# Halnaker Hill Radio Direction Finding Station, 2011



## The Archivist (Sep 1, 2011)

These strange octagonal buildings stand in a cluster around on Halnaker Hill near Chichester, West Sussex and are often mistaken for pillboxes or gun emplacements.

Actually, there is some debate about their purpose: The N.M.R. states that they are searchlight emplacements but Tyrell's List, the definitive authority on defensive structures in Sussex holds that they are the remains of an H.F.D.F. (High Frequency Direction Finding) station. Personally I favour the latter theory, as there were several R.A.F. stations nearby (Goodwood, Tangmere and Merston) although there might have been a duality of purpose at some time. 

At the outbreak of W.W.II the only method of remotely determining the position of aircraft was using towers such as these. The brick enclosures would have protected a 3 storey wooden tower containing a an aerial by which high-frequency radio signals were exchanged with aircraft to guide them to their bases. The aerials were capable of being rotated through 360 degrees by a 'steering wheel' housed in the cabin below.






A rather grainy pic of an RDF tower on Beachy Head, East Sussex from Tyrell's List.





Partially demolished tower





Detail of the tower base





A more complete tower base





Baffle/blast wall entrance





Inside





Drain in floor





Another of the tower bases





Remains of concrete hardstanding





This huge tank might have been a fuel supply for the generator. 





This building is behind the huge tank and is capped with a flat reinforced concrete roof. My guess is that it was the engine/generator room. The interior was inaccessible. 
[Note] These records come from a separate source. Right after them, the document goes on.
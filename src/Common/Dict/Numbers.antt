-- ===== src/Common/Dict/Numbers.antt =====
-- Numbers as the keys of a map.
use mathlib.Core.Path.{◌≡◌}
use mathlib.Core.Bool.{true}
use Prim.Native.Nat.{ℕ}
use native.Mathlib.Omega.{arith}
use module_gateway.Common.Tests.{◌==◌}
use module_gateway.Common.Dict.{KeyEq}

pub number_refl : (a : ℕ) → (a == a) ≡ true
number_refl a = ground arith

pub number_sym : (a b : ℕ) → (a == b) ≡ (b == a)
number_sym a b = ground arith

pub number_trans : (a b c : ℕ) → (a == b) ≡ true → (a == c) ≡ (b == c)
number_trans a b c h = ground arith

abbrev pub number_eq : KeyEq ℕ
number_eq = record {
  same = ◌==◌;
  same_refl = number_refl;
  same_sym = number_sym;
  same_trans = number_trans;
}
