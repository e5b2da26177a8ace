-- ===== src/ExternalClient.antt =====
-- source/bringauto/external_client: the external client, its connections to external servers, what is
-- kept about each, and the channels that they use.
pub mod ErrorAggregator
pub mod SentMessages
pub mod Messages
pub mod Connection
pub mod Client
pub mod Mqtt
pub mod Quic
pub mod Dummy
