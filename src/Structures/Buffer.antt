-- ===== src/Structures/Buffer.antt =====
-- include/bringauto/modules/Buffer.hpp. A buffer is the raw C struct: whether its data pointer is
-- set, and the bytes that `size_in_bytes` counts. Who frees the memory is left out.
use module_gateway.Common.{ℕ, Bool, false, List, [], ◌&&◌, not, is_nil}

pub record Buffer : Type 0 where
  pub has_data : Bool
  pub bytes : List ℕ

-- Buffer {}
abbrev pub empty_buffer : Buffer
empty_buffer = record { has_data = false; bytes = [] }

unfoldable pub is_allocated : Buffer → Bool
is_allocated b = b.has_data && not (is_nil b.bytes)

unfoldable pub is_empty : Buffer → Bool
is_empty b = is_nil b.bytes
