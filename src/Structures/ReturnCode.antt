-- ===== src/Structures/ReturnCode.antt =====
-- The `int` results of the fleet protocol's interfaces. Its headers are no part of the repository:
-- the model relies on `OK` being 0, on the error codes being negative and distinct, and on counts
-- not passing INT_MAX, so an `int` result is a count or one of the codes that the source names.
use module_gateway.Common.{ℕ, zero, suc, Bool, true, false}

pub data ReturnCode : Type 0 where
  count : ℕ → ReturnCode
  not_ok device_not_supported device_not_registered no_message_available : ReturnCode
  command_invalid status_invalid : ReturnCode
  -- Any other negative code that a module's library may answer with.
  other_error : ℕ → ReturnCode

abbrev pub ok : ReturnCode
ok = count 0

-- rc == OK
abbrev pub is_ok : ReturnCode → Bool
is_ok (count zero) = true
is_ok _ = false

-- rc == NOT_OK
abbrev pub is_not_ok : ReturnCode → Bool
is_not_ok not_ok = true
is_not_ok _ = false

-- rc < 0
abbrev pub is_negative : ReturnCode → Bool
is_negative (count n) = false
is_negative _ = true

-- rc < 1
abbrev pub is_below_one : ReturnCode → Bool
is_below_one (count (suc n)) = false
is_below_one _ = true

-- The rounds of `while (rc > 0) { ...; rc--; }`.
abbrev pub rounds : ReturnCode → ℕ
rounds (count n) = n
rounds _ = 0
The hill is also shared by a neolithic causewayed enclosure and the famous Halnaker windmill, a tower mill built in the 1740s which worked until it was struck by lightning in 1905. The derelict mill was the subject of Hillaire Belloc's poem Ha'nacker Mill, a metaphor for the decay of rural England at the time. It was restored without its machinery in 1934 by Neve's, the Heathfield millwrights as a memorial to the wife of Sir William Bird, M.P. for Chichester. Further repair works were done in 1954 and 2004. It is possible that the mill also served as an observation post during WWII. 





Windmill and tower base





Halnaker Mill





Looking up inside the mill. No machinery here, only the windshaft remains.
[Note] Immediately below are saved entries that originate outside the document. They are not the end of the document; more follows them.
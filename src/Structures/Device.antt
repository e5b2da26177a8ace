-- ===== src/Structures/Device.antt =====
-- source/bringauto/structures/DeviceIdentification.cpp. The module number, an `int` that is only
-- compared, stands as its bit pattern.
use text.Mathlib.Text.{◌==◌ as str_eq}
use text.Mathlib.TextEquality.{eq_iff}
use module_gateway.Common.{ℕ, String, Bool, true, ◌≡◌, ◌&&◌, ◌==◌, arith}
use module_gateway.Common.Dict.{KeyEq}

pub record DeviceIdentification : Type 0 where
  pub module_number : ℕ
  pub device_type : ℕ
  pub device_role : String
  pub device_name : String
  pub priority : ℕ

-- operator==: neither the name nor the priority is compared.
unfoldable pub same_device : DeviceIdentification → DeviceIdentification → Bool
same_device a b =
    a.module_number == b.module_number
    && (a.device_type == b.device_type && str_eq a.device_role b.device_role)

pub same_refl : (a : DeviceIdentification) → same_device a a ≡ true
unfolding same_device
same_refl a = ground (arith, eq_iff a.device_role a.device_role)

pub same_sym : (a b : DeviceIdentification) → same_device a b ≡ same_device b a
unfolding same_device
same_sym a b =
    ground (arith, eq_iff a.device_role b.device_role, eq_iff b.device_role a.device_role)

pub same_trans :
    (a b c : DeviceIdentification) → same_device a b ≡ true → same_device a c ≡ same_device b c
unfolding same_device
same_trans a b c h = ground (
  arith,
  eq_iff a.device_role b.device_role,
  eq_iff a.device_role c.device_role,
  eq_iff b.device_role c.device_role,
)

-- What std::unordered_map asks of its key: `operator==` is an equivalence.
abbrev pub device_eq : KeyEq DeviceIdentification
device_eq = record {
  same = same_device;
  same_refl = same_refl;
  same_sym = same_sym;
  same_trans = same_trans;
}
Chichester Cathedral in the distance. Spot the Rolls Royce Factory and the 'plane coming in to land at Goodwood. 

Thanks for reading, 

A.


----------



## night crawler (Sep 1, 2011)

Love the shot of the tower base and windmill


----------



## godzilla73 (Sep 1, 2011)

Aha - there's a tower base like this at Hawkinge which I visited earlier this month with Newage and Fluff. I knew it was for DF but thought it might have been connected to the AA site next to it (radar laid AA guns etc).
Interesting stuff
GDZ
PS. Belloc was a nutter. My grandmother knew him personally, and was always telling me this as a young boy. A genius mind, but still a nutter.


----------



## Munchh (Sep 1, 2011)

Very unusual, not seen this before. Nice one, Thanks.


----------



## cptpies (Sep 1, 2011)

Very interesting. I've never been comfortable with the Halnaker sites being listed as pillboxes or AA sites but left them alone as there was nothing else to type them as. Now there is I'll link to this post in the placemarks.


----------



## racknruin (Sep 1, 2011)

The octagonal brick structures remind me of a site near Pett which I'd assumed was a WWII searchlight emplacement, but which I found on the Pastscape website to be a 1950's VHF Fixer Station. There were two brick emplacements and a control building - a bit like here. Here's the link 
http://www.pastscape.org.uk/hob.asp...l&criteria=ROTOR&rational=q&recordsperpage=60


----------



## Pincheck (Sep 1, 2011)

interesting mate


----------



## cptpies (Sep 2, 2011)

There's another at Ventnor which may have been modified into a makeshift defensive position. (DoB S0012131)


----------



## oldscrote (Sep 2, 2011)

Nice report.A thought on the tank.the rounded end suggests to me a compressed air tank rather than fuel


----------